• **Task objective**:
Each line in the records below that has the word "true" should be copied.

• • • •

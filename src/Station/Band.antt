-- ===== src/Station/Band.antt =====
-- What internal/backend/basicstation uses of the package band of the lorawan library.
use lora_gateway_bridge.Common.{ℕ, Bool, Option}
use lora_gateway_bridge.Common.Int.{ℤ}

pub data BandModulation : Type 0 where
  lora_modulation : BandModulation
  fsk_modulation : BandModulation
  other_band_modulation : ℕ → BandModulation

pub record DataRate : Type 0 where
  pub modulation : BandModulation
  pub spread_factor : ℤ
  pub bandwidth : ℤ
  pub bit_rate : ℤ

-- `GetDataRate` and `GetDataRateIndex`, where the Boolean asks for an uplink data-rate
pub record Band : Type 0 where
  pub data_rate : ℤ → Option DataRate
  pub data_rate_index : Bool → DataRate → Option ℤ
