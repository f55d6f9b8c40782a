-- ===== src/Station/RouterConfig.antt =====
-- internal/backend/basicstation/structs/router_config.go: the router-config message. `get_config` is
-- `band.GetConfig` of the lorawan library, which knows some of the regions; with an error, the message is not used; `sort` is the package sort.
-- GetRadioFrequencies sorts the slice that it is given, so the loop over the channels that follows
-- it takes them in the order of `sort`. Both functions spell out the same steps, which stand here once.
use lora_gateway_bridge.Common.{
  ℕ, zero, suc, ◌+◌, ◌/◌, Bool, true, List, [], ◌∷◌, ◌++◌, map, length, ◌==◌, Bytes, codes, Eui64,
  u32_be, Result, ok, ◌>>=◌, from_option, wrap, if◌then◌else◌, Option, none, some,
}
use lora_gateway_bridge.Common.Decimal.{print_decimal}
use lora_gateway_bridge.Common.Int.{ℤ, pos, negsuc}
use lora_gateway_bridge.Gw.{lora, fsk, ChannelConfiguration}
use lora_gateway_bridge.Filters.{NetId, net_id, eui_int}
use lora_gateway_bridge.Sx1301.{less, get_radio_frequencies}
use lora_gateway_bridge.Station.Band.{DataRate, Band}
use lora_gateway_bridge.Station.Concentrator.{
  Sx1301Conf, set_radios, RouterConfigError, set_channels, band_config_error,
  radio_frequencies_error,
}

-- `band.Name`, the regions that the table names and any other
pub data Region : Type 0 where
  as923 au915 cn470 cn779 eu433 eu868 in865 kr920 us915 ru864 : Region
  other_region : ℕ → Region

unfoldable pub region_name_mapping : Region → Bytes
region_name_mapping as923 = codes "AS923"
region_name_mapping au915 = codes "AU915"
region_name_mapping cn470 = codes "CN470"
region_name_mapping cn779 = codes "CN779"
region_name_mapping eu433 = codes "EU433"
region_name_mapping eu868 = codes "EU863"
region_name_mapping in865 = codes "IN865"
region_name_mapping kr920 = codes "KR920"
region_name_mapping us915 = codes "US902"
region_name_mapping ru864 = codes "RU864"
region_name_mapping (other_region n) = []

-- A row of `DRs`: spreading-factor, bandwidth, and whether it is for downlinks only.
pub record DrRow : Type 0 where
  pub spread_factor : ℤ
  pub bandwidth : ℤ
  pub dn_only : ℤ

pub record RouterConfig : Type 0 where
  pub net_ids : List ℕ
  pub join_euis : List (ℕ × ℕ)
  pub region : Bytes
  pub hw_spec : Bytes
  pub freq_range : ℕ × ℕ
  pub drs : List DrRow
  pub sx1301_conf : List Sx1301Conf

-- `binary.BigEndian.Uint32(append([]byte{0x00}, netID[:]...))`
unfoldable pub net_id_int : NetId → ℕ
unfolding u32_be
net_id_int (net_id a b c) = u32_be 0 a b c

unfoldable pub join_eui_range : Eui64 × Eui64 → ℕ × ℕ
unfolding eui_int
join_eui_range (from, to) = (eui_int from, eui_int to)

unfoldable pub dr_row : Band → Option DataRate → DrRow
dr_row band none = record { spread_factor = negsuc 0; bandwidth = pos 0; dn_only = pos 0 }
dr_row band (some dr) = record {
  spread_factor = dr.spread_factor;
  bandwidth = dr.bandwidth;
  dn_only = elim (band.data_rate_index true dr) [ none ↦ pos 1 | some i ↦ pos 0 ];
}

-- `for i := 0; i < 16; i++`, from `i` on for `n` rounds
unfoldable pub dr_rows : Band → ℕ → ℕ → List DrRow
unfolding dr_row
dr_rows band i zero = []
dr_rows band i (suc n) = dr_row band (band.data_rate (pos i)) ∷ dr_rows band (i + 1) n

pub record MultiSfConcentrator : Type 0 where
  pub frequencies : List ℕ

pub record LoraStdConcentrator : Type 0 where
  pub frequency : ℕ
  pub bandwidth : ℕ
  pub spreading_factor : ℕ

pub record FskConcentrator : Type 0 where
  pub frequency : ℕ

pub record BasicStationConcentrator : Type 0 where
  pub multi_sf : MultiSfConcentrator
  pub lora_std : LoraStdConcentrator
  pub fsk : FskConcentrator

unfoldable pub multi_sf_config : ℕ → ChannelConfiguration
multi_sf_config f = record {
  frequency = f;
  modulation = lora;
  lora_config =
      some (record { bandwidth = 125; spreading_factors = 7 ∷ 8 ∷ 9 ∷ 10 ∷ 11 ∷ 12 ∷ [] });
  fsk_config = none;
}

unfoldable pub fsk_configs : ℕ → List ChannelConfiguration
fsk_configs f =
    if f == 0
    then []
    else record {
      frequency = f;
      modulation = fsk;
      lora_config = none;
      fsk_config = some (record { bandwidth = 125; bitrate = 50000 });
    }
      ∷ []

unfoldable pub lora_std_configs : LoraStdConcentrator → List ChannelConfiguration
lora_std_configs std =
    if std.frequency == 0
    then []
    else record {
      frequency = std.frequency;
      modulation = lora;
      lora_config = some (record {
        bandwidth = std.bandwidth / 1000;
        spreading_factors = std.spreading_factor ∷ [];
      });
      fsk_config = none;
    }
      ∷ []

unfoldable pub channel_configs : BasicStationConcentrator → List ChannelConfiguration
unfolding multi_sf_config fsk_configs lora_std_configs
channel_configs conf =
    map multi_sf_config conf.multi_sf.frequencies
    ++ fsk_configs conf.fsk.frequency
    ++ lora_std_configs conf.lora_std

-- the fields that do not depend on the channels
unfoldable pub base_config :
    Region → List NetId → List (Eui64 × Eui64) → ℕ → ℕ → ℕ → Band → List Sx1301Conf → RouterConfig
unfolding region_name_mapping net_id_int join_eui_range dr_rows
base_config region net_ids join_euis freq_min freq_max count band confs = record {
  net_ids = map net_id_int net_ids;
  join_euis = map join_eui_range join_euis;
  region = region_name_mapping region;
  hw_spec = codes "sx1301/" ++ print_decimal count;
  freq_range = (freq_min, freq_max);
  drs = dr_rows band 0 16;
  sx1301_conf = confs;
}

module _
    (sort : (ChannelConfiguration → ChannelConfiguration → Bool)
      → List ChannelConfiguration
      → List ChannelConfiguration) where
  -- one concentrator, from its channels on
  unfoldable pub sx1301_conf_of : List ChannelConfiguration → Result RouterConfigError Sx1301Conf
  unfolding set_radios set_channels
  sx1301_conf_of channels = do
    radios ← wrap radio_frequencies_error (get_radio_frequencies sort channels)
    (count, conf) ← set_channels radios (sort less channels) (0, set_radios radios)
    ok conf

  -- the loop over the concentrators
  unfoldable pub concentrator_confs :
      List BasicStationConcentrator → Result RouterConfigError (List Sx1301Conf)
  unfolding sx1301_conf_of channel_configs
  concentrator_confs [] = ok []
  concentrator_confs (c ∷ rest) = do
    conf ← sx1301_conf_of (channel_configs c)
    confs ← concentrator_confs rest
    ok (conf ∷ confs)

  module _ (get_config : Region → Option Band) where
    unfoldable pub get_router_config_old :
        Region
        → List NetId
        → List (Eui64 × Eui64)
        → ℕ
        → ℕ
        → List ChannelConfiguration
        → Result RouterConfigError RouterConfig
    unfolding sx1301_conf_of base_config
    get_router_config_old region net_ids join_euis freq_min freq_max channels = do
      band ← from_option band_config_error (get_config region)
      conf ← sx1301_conf_of channels
      ok (base_config region net_ids join_euis freq_min freq_max 1 band (conf ∷ []))

    unfoldable pub get_router_config :
        Region
        → List NetId
        → List (Eui64 × Eui64)
        → ℕ
        → ℕ
        → List BasicStationConcentrator
        → Result RouterConfigError RouterConfig
    unfolding concentrator_confs base_config
    get_router_config region net_ids join_euis freq_min freq_max concentrators = do
      band ← from_option band_config_error (get_config region)
      confs ← concentrator_confs concentrators
      ok (base_config region net_ids join_euis freq_min freq_max (length concentrators) band confs)
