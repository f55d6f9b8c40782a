-- ===== src/Sx1301/Assign.antt =====
-- internal/config/sx1301v1/sx1301v1.go: the radios that are computed for a list of channels serve them.
use mathlib.Core.Path.{subst}
use mathlib.Core.List.{Permᴰ}
use mathlib.Core.List.Permᴰ
use lora_gateway_bridge.Common.{
  ℕ, ◌+◌, ◌/◌, ◌≤◌, ◌<◌, ◌≡◌, ◌≢◌, ◌⊎◌, inl, inr, refl, sym, Bool, true, List, [], ◌∷◌, All, leb,
  ok, >>=-eq-ok, ok_injective, arith, Bool-cases,
}
use lora_gateway_bridge.Gw.{ChannelConfiguration}
use lora_gateway_bridge.Sx1301.{
  add32, channel_bandwidth, radio_bandwidth, channel_min, channel_max, half_radio,
  min_radio_center_freq, less, Radios, place, place_all, get_radio_frequencies, covers,
  get_radio_for_channel,
}

-- The channel's frequency is a usual one, and its bandwidth one that a radio covers.
pub record IsUsual (c : ChannelConfiguration) : Type 0 where
  pub from_1_mhz : 1000000 ≤ c.frequency
  pub below_4_ghz : c.frequency ≤ 4000000000
  pub up_to_500_khz : channel_bandwidth c ≤ 500000

-- The channels stand in the order of `less`.
abbrev pub IsSorted : List ChannelConfiguration → Type 0
IsSorted [] = Unit
IsSorted (c ∷ rest) =
    All (λ d. min_radio_center_freq c ≤ min_radio_center_freq d) rest × IsSorted rest

pub All-Permᴰ :
    (P : ChannelConfiguration → Type 0) {xs ys : List ChannelConfiguration}
    → Permᴰ xs ys
    → All P xs
    → All P ys
All-Permᴰ P Permᴰ.nil h = h
All-Permᴰ P (Permᴰ.cons e d) h = (subst P e h.0, All-Permᴰ P d h.1)
All-Permᴰ P (Permᴰ.swap e e') h = (subst P e' h.1.0, (subst P e h.0, h.1.1))
All-Permᴰ P (Permᴰ.trans d d') h = All-Permᴰ P d' (All-Permᴰ P d h)

-- Within the usual range nothing wraps around.
half_radio_range :
    (c : ChannelConfiguration)
    → IsUsual c
    → (462500 ≤ half_radio c) × (half_radio c ≤ 550000) × (channel_bandwidth c / 2 ≤ half_radio c)
unfolding half_radio radio_bandwidth
half_radio_range c u = ground (arith, u.up_to_500_khz)

center :
    (c : ChannelConfiguration)
    → IsUsual c
    → min_radio_center_freq c + channel_bandwidth c / 2 ≡ c.frequency + half_radio c
unfolding min_radio_center_freq channel_min
center c u = ground (arith, u.from_1_mhz, u.below_4_ghz, u.up_to_500_khz, half_radio_range c u)

-- The radio is not in use, or far enough from 0 and from 2 ^ 32.
abbrev IsPlaced : ℕ → Type 0
IsPlaced f = (f ≡ 0) ⊎ ((550000 ≤ f) × (f ≤ 4100000000))

abbrev Serves : ℕ → ChannelConfiguration → Type 0
Serves f c = (f ≢ 0) × (covers f c ≡ true)

covers-Serves :
    (f : ℕ) (c : ChannelConfiguration)
    → IsUsual c
    → IsPlaced f
    → f ≢ 0
    → f ≤ min_radio_center_freq c
    → leb (channel_max c) (add32 f (half_radio c)) ≡ true
    → Serves f c
unfolding covers channel_min
covers-Serves f c u (inl z) n below fits = absurd (n z)
covers-Serves f c u (inr p) n below fits = (
  n,
  ground (arith, u.from_1_mhz, u.below_4_ghz, u.up_to_500_khz, half_radio_range c u, center c u),
)

center-Serves :
    (c : ChannelConfiguration)
    → IsUsual c
    → Serves (min_radio_center_freq c) c × IsPlaced (min_radio_center_freq c)
unfolding covers channel_min channel_max
center-Serves c u =
    ground (arith, u.from_1_mhz, u.below_4_ghz, u.up_to_500_khz, half_radio_range c u, center c u)

-- A radio that is in use keeps its frequency.
abbrev Extends : Radios → Radios → Type 0
Extends r r' = ((r.0 ≡ 0) ⊎ (r'.0 ≡ r.0)) × ((r.1 ≡ 0) ⊎ (r'.1 ≡ r.1))

abbrev IsServed : Radios → ChannelConfiguration → Type 0
IsServed r c = Serves r.0 c ⊎ Serves r.1 c

IsServed-Extends :
    (r r' : Radios) (c : ChannelConfiguration) → Extends r r' → IsServed r c → IsServed r' c
IsServed-Extends r r' c (e0, e1) (inl s) =
    inl (elim e0 [ inl z ↦ absurd (s.0 z) | inr e ↦ subst (λ f. Serves f c) (sym e) s ])
IsServed-Extends r r' c (e0, e1) (inr s) =
    inr (elim e1 [ inl z ↦ absurd (s.0 z) | inr e ↦ subst (λ f. Serves f c) (sym e) s ])

-- What one round of the loop does to radios that lie below the channel's place.
record Places (r : Radios) (c : ChannelConfiguration) (r' : Radios) : Type 0 where
  extends : Extends r r'
  served : IsServed r' c
  placed : IsPlaced r'.0 × IsPlaced r'.1
  below : (r'.0 ≤ min_radio_center_freq c) × (r'.1 ≤ min_radio_center_freq c)

place-Places :
    (r r' : Radios) (c : ChannelConfiguration)
    → IsUsual c
    → IsPlaced r.0 × IsPlaced r.1
    → (r.0 ≤ min_radio_center_freq c) × (r.1 ≤ min_radio_center_freq c)
    → place r c ≡ ok r'
    → Places r c r'
unfolding place
place-Places (r0, r1) (s0, s1) c u p below h = record {
  extends = ground (arith);
  served = ground (arith, center-Serves c u, covers-Serves r0 c u p.0, covers-Serves r1 c u p.1);
  placed = ground (arith, center-Serves c u);
  below = ground arith;
}

Extends-trans : (r s t : Radios) → Extends r s → Extends s t → Extends r t
Extends-trans r s t e e' = (ground (arith, e.0, e'.0), ground (arith, e.1, e'.1))

All-weaken :
    (P Q : ChannelConfiguration → Type 0) (cs : List ChannelConfiguration)
    → ((c : ChannelConfiguration) → P c → Q c)
    → All P cs
    → All Q cs
All-weaken P Q [] f h = tt
All-weaken P Q (c ∷ cs) f h = (f c h.0, All-weaken P Q cs f h.1)

All-trivial : (cs : List ChannelConfiguration) → All (λ c. Unit {0}) cs
All-trivial [] = tt
All-trivial (c ∷ cs) = (tt, All-trivial cs)

-- The radios lie below the places of all these channels.
abbrev IsBelow : Radios → ChannelConfiguration → Type 0
IsBelow r c = (r.0 ≤ min_radio_center_freq c) × (r.1 ≤ min_radio_center_freq c)

record PlacesAll (r : Radios) (cs : List ChannelConfiguration) (r' : Radios) : Type 0 where
  extends : Extends r r'
  served : All (IsServed r') cs

place_all-PlacesAll :
    (r r' : Radios) (cs : List ChannelConfiguration)
    → All IsUsual cs
    → IsSorted cs
    → IsPlaced r.0 × IsPlaced r.1
    → All (IsBelow r) cs
    → place_all r cs ≡ ok r'
    → PlacesAll r cs r'
unfolding place_all
place_all-PlacesAll r r' [] u s p b h = record {
  extends = ground (arith, ok_injective h);
  served = tt;
}
place_all-PlacesAll r r' (c ∷ cs) u s p b h =
    let (r1, h1, h2) = >>=-eq-ok (place r c) (λ m. place_all m cs) h in
    let first = place-Places r r1 c u.0 p b.0 h1 in
    let above : All (IsBelow r1) cs =
      All-weaken (λ d. min_radio_center_freq c ≤ min_radio_center_freq d) (IsBelow r1) cs
        (λ d le. ground (arith, first.below)) s.0 in
    let later = place_all-PlacesAll r1 r' cs u.1 s.1 first.placed above h2 in
    record {
      extends = Extends-trans r r1 r' first.extends later.extends;
      served = (IsServed-Extends r1 r' c later.extends first.served, later.served);
    }

-- The channel is assigned to a radio.
pub record IsAssigned (radios : Radios) (c : ChannelConfiguration) : Type 0 where
  pub radio : ℕ
  pub assigned : get_radio_for_channel radios c ≡ ok radio
  pub one_of_two : radio < 2

IsServed-IsAssigned : (r : Radios) (c : ChannelConfiguration) → IsServed r c → IsAssigned r c
unfolding get_radio_for_channel
IsServed-IsAssigned (r0, r1) c s = elim (Bool-cases (covers r0 c)) [
  | inl h ↦ record { radio = 0; assigned = rw h refl; one_of_two = omega arith }
  | inr h ↦ record { radio = 1; assigned = ground (arith, s); one_of_two = omega arith }
]

-- Let the channels have usual frequencies (from 1 MHz to 4 GHz) and bandwidths of at most 500 kHz, and
-- let `sort.Sort` have permuted them into the order of `Less`. If GetRadioFrequencies finds two
-- radio frequencies, then GetRadioForChannel assigns each of the channels to one of the two radios.
pub get_radio_frequencies-IsAssigned :
    (sort : (ChannelConfiguration → ChannelConfiguration → Bool)
      → List ChannelConfiguration
      → List ChannelConfiguration)
    (channels : List ChannelConfiguration) (radios : Radios)
    → IsSorted (sort less channels)
    → Permᴰ channels (sort less channels)
    → All IsUsual channels
    → get_radio_frequencies sort channels ≡ ok radios
    → All (IsAssigned radios) channels
unfolding get_radio_frequencies
get_radio_frequencies-IsAssigned sort channels radios sorted perm usual h =
    let cs = sort less channels in
    let done =
      place_all-PlacesAll (0, 0) radios cs (All-Permᴰ IsUsual perm usual) sorted
        (inl refl, inl refl)
        (All-weaken (λ c. Unit {0}) (IsBelow (0, 0)) cs (λ c t. (omega arith, omega arith))
          (All-trivial cs))
        h in
    All-Permᴰ (IsAssigned radios) (Permᴰ.symm perm)
      (All-weaken (IsServed radios) (IsAssigned radios) cs (IsServed-IsAssigned radios) done.served)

• • • •

• **Exercise output**:
  ℕ, zero, suc, ◌+◌, ◌/◌, Bool, true, List, [], ◌∷◌, ◌++◌, map, length, ◌==◌, Bytes, codes, Eui64,
  dn_only = elim (band.data_rate_index true dr) [ none ↦ pos 1 | some i ↦ pos 0 ];
  ℕ, ◌+◌, ◌/◌, ◌≤◌, ◌<◌, ◌≡◌, ◌≢◌, ◌⊎◌, inl, inr, refl, sym, Bool, true, List, [], ◌∷◌, All, leb,
Serves f c = (f ≢ 0) × (covers f c ≡ true)
    → leb (channel_max c) (add32 f (half_radio c)) ≡ true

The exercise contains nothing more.